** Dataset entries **
☆ ☆ ☆ ☆ ☆
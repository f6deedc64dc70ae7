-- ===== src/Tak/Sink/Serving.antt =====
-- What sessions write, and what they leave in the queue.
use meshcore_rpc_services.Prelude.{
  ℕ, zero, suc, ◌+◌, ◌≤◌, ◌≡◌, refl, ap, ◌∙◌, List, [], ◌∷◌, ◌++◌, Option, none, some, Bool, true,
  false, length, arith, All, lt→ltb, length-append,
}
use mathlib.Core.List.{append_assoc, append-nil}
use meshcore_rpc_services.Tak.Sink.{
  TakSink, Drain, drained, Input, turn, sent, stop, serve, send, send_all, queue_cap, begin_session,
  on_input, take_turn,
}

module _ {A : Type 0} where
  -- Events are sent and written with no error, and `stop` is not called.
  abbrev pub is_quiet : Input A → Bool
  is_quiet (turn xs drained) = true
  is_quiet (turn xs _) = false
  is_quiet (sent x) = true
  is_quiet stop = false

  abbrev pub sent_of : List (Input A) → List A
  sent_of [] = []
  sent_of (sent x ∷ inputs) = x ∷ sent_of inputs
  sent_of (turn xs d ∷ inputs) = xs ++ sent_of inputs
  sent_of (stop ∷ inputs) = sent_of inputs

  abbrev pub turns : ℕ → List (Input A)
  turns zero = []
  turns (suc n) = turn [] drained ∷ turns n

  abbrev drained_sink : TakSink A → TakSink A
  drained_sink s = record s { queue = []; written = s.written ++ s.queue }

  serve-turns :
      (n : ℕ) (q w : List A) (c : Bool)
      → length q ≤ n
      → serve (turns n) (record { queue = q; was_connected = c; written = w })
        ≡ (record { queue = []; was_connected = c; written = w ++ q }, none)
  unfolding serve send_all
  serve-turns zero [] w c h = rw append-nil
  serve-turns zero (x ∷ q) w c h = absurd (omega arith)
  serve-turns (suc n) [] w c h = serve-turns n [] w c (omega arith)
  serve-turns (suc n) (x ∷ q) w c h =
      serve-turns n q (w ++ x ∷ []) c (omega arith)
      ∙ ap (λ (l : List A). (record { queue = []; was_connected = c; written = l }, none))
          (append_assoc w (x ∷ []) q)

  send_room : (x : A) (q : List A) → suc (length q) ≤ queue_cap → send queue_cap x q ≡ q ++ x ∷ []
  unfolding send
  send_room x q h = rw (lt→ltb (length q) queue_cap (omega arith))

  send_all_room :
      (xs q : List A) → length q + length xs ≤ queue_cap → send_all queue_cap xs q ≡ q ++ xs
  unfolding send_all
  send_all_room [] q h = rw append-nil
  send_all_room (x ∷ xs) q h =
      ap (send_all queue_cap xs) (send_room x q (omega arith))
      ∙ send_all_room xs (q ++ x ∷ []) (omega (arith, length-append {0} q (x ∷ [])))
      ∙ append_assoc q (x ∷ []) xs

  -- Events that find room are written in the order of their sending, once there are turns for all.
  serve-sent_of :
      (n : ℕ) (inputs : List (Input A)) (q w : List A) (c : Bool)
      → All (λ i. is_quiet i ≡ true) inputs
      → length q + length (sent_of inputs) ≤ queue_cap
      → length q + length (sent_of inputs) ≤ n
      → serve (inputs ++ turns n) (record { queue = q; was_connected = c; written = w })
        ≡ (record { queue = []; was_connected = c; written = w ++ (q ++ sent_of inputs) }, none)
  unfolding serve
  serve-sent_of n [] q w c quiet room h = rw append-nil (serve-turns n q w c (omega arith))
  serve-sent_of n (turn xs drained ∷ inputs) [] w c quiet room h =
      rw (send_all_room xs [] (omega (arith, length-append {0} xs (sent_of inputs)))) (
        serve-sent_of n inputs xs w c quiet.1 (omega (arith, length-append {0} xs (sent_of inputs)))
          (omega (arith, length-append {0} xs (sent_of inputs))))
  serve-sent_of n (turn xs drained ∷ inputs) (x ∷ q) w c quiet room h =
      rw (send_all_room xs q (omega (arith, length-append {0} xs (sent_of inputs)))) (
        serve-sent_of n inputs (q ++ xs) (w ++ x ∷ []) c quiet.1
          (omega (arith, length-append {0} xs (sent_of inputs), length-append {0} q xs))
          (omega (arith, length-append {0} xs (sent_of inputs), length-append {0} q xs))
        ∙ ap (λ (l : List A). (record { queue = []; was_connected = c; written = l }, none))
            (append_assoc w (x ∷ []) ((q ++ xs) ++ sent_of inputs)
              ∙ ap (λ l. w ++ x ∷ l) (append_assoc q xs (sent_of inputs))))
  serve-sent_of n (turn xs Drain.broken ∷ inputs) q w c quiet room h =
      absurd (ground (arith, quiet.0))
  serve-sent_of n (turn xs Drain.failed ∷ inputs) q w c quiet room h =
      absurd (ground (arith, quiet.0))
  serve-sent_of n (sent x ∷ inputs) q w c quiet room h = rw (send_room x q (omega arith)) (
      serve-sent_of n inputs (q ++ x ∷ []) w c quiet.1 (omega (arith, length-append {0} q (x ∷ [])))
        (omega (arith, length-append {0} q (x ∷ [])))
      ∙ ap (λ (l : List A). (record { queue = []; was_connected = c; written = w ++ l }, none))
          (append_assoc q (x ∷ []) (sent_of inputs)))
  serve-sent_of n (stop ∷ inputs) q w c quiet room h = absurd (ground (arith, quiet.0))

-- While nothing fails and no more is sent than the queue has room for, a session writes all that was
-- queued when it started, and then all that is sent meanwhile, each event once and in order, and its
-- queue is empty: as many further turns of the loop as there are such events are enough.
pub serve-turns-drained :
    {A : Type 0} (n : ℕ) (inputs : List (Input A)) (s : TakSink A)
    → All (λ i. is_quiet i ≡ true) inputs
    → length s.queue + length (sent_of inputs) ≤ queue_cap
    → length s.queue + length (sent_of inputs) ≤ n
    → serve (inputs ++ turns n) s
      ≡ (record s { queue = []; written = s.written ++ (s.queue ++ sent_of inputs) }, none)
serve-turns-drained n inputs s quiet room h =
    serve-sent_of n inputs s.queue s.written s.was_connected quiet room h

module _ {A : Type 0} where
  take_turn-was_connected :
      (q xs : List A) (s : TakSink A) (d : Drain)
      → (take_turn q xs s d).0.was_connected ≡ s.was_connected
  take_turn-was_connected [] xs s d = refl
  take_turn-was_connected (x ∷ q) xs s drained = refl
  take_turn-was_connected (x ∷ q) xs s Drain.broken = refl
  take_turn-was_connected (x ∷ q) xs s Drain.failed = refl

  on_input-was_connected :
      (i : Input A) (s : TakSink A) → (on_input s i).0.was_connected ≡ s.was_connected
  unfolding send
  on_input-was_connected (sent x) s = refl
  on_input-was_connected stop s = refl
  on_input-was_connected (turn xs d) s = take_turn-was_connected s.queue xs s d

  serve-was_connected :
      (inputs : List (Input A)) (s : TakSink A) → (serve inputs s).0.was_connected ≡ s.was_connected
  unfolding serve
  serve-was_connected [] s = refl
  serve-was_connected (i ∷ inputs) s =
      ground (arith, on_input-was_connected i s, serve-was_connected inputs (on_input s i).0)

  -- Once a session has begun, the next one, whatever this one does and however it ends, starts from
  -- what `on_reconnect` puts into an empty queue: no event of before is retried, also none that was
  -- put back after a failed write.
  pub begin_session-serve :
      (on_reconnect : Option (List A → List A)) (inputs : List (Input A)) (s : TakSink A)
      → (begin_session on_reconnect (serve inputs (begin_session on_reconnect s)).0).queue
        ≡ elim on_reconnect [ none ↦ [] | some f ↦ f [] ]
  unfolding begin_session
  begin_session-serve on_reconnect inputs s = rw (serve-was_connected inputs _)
☆ ☆ ☆ ☆ ☆
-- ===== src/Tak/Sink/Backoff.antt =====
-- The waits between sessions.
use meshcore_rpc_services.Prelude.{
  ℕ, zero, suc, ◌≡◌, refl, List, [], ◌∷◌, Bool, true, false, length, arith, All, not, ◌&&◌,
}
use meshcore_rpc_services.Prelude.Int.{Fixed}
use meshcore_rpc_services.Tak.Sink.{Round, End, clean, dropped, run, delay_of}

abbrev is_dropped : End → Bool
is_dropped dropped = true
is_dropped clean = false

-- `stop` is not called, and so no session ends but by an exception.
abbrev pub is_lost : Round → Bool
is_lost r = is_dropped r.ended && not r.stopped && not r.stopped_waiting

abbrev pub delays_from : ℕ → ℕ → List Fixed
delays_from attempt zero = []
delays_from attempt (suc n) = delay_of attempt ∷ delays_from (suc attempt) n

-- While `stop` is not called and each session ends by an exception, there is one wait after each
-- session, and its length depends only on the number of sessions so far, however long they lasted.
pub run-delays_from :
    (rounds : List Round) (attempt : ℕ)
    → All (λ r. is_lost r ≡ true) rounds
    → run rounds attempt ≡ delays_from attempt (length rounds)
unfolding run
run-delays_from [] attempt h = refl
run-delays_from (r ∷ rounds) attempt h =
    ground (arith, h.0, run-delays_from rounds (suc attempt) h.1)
☆ ☆ ☆ ☆ ☆
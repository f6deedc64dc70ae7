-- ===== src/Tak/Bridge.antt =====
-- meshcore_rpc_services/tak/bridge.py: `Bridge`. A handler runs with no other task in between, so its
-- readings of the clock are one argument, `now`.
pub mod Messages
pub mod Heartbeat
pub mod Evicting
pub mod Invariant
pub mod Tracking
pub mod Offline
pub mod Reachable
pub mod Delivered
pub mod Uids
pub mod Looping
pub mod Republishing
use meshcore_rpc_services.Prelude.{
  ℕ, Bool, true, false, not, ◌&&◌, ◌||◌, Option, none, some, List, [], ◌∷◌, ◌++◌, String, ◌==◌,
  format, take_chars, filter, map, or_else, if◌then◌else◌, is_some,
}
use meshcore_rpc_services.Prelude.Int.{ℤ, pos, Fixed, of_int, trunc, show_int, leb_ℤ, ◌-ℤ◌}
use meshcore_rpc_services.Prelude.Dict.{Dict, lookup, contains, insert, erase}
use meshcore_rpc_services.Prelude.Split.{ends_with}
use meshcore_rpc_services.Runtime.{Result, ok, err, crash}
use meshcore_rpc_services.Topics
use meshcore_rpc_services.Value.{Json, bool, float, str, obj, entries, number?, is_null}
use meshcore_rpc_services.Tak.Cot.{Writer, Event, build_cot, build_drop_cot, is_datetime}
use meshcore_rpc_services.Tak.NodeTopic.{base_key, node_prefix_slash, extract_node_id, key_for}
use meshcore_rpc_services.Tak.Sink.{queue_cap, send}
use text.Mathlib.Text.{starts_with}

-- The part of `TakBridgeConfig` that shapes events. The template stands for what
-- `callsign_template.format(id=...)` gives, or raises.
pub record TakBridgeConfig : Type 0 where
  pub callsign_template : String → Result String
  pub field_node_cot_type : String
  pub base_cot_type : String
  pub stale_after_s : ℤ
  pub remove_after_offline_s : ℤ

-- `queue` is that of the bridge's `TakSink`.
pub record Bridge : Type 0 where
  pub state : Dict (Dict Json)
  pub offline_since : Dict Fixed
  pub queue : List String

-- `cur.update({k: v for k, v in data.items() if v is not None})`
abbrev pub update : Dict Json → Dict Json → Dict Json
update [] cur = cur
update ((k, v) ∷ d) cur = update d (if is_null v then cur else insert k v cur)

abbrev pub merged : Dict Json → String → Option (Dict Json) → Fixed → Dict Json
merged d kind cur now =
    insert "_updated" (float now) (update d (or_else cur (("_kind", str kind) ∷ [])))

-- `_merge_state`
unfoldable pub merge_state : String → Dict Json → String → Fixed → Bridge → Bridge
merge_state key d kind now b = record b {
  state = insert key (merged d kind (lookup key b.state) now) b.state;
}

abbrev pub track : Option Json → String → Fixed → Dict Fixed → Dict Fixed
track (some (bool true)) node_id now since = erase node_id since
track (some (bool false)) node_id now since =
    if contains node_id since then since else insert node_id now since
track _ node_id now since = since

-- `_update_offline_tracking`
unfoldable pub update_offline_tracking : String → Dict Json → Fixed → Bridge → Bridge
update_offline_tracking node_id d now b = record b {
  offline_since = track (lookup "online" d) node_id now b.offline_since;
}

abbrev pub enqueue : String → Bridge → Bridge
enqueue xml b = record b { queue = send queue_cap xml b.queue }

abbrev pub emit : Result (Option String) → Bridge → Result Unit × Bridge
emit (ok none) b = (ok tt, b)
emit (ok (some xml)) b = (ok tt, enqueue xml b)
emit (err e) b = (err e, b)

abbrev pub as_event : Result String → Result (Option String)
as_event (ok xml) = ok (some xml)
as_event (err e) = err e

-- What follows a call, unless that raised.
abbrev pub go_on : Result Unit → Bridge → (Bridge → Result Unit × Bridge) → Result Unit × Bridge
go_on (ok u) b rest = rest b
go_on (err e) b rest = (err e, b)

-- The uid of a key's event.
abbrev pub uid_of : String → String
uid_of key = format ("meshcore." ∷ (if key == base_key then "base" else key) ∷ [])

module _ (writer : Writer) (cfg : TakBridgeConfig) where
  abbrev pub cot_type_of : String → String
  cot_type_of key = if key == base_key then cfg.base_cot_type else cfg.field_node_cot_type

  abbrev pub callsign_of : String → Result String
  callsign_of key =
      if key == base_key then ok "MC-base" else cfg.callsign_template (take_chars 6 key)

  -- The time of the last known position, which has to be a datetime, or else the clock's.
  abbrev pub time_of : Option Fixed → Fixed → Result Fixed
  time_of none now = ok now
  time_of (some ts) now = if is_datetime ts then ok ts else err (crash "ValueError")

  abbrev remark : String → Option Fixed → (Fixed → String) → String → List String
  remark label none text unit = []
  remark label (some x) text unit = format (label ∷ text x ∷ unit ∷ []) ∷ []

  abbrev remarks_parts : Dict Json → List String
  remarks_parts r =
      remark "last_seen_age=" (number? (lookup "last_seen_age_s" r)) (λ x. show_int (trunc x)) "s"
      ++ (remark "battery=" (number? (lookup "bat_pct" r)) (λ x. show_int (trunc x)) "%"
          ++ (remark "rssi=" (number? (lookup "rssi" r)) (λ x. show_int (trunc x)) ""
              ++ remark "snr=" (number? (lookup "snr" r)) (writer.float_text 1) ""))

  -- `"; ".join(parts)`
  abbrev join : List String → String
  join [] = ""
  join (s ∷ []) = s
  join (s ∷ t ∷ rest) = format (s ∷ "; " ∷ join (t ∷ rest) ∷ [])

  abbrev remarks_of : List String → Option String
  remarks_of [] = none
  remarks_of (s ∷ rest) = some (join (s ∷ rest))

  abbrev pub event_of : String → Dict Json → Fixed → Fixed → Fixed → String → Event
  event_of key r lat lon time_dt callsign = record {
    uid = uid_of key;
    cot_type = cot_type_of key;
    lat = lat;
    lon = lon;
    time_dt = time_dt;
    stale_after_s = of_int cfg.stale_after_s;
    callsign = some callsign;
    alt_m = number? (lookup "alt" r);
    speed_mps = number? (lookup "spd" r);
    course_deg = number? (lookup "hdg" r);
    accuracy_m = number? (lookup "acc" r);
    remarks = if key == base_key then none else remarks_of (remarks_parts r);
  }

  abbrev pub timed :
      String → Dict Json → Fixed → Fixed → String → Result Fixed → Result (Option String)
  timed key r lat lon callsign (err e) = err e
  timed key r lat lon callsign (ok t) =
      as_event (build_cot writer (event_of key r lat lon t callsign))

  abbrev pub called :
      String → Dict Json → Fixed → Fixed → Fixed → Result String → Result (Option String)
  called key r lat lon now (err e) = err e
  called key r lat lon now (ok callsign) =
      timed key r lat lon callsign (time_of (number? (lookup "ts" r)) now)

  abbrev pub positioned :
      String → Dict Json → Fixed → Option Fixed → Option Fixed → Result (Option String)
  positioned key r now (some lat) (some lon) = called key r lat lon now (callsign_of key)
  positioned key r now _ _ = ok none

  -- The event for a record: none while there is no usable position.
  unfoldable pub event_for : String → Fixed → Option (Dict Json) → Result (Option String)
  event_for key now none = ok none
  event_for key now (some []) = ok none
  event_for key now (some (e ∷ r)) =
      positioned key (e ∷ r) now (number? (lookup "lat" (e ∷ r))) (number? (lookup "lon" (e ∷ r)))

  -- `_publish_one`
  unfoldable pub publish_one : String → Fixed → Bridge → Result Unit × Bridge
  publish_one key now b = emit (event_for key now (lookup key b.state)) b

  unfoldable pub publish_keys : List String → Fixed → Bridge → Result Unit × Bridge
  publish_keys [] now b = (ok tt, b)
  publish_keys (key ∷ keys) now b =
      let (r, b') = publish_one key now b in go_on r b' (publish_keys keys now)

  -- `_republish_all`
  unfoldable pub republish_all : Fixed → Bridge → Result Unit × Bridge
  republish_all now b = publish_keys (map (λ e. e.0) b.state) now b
☆ ☆ ☆ ☆ ☆
** Task objective **
Report how many lines in the data include the word "then", and give nothing but the count.

** Reply to the exercise **
9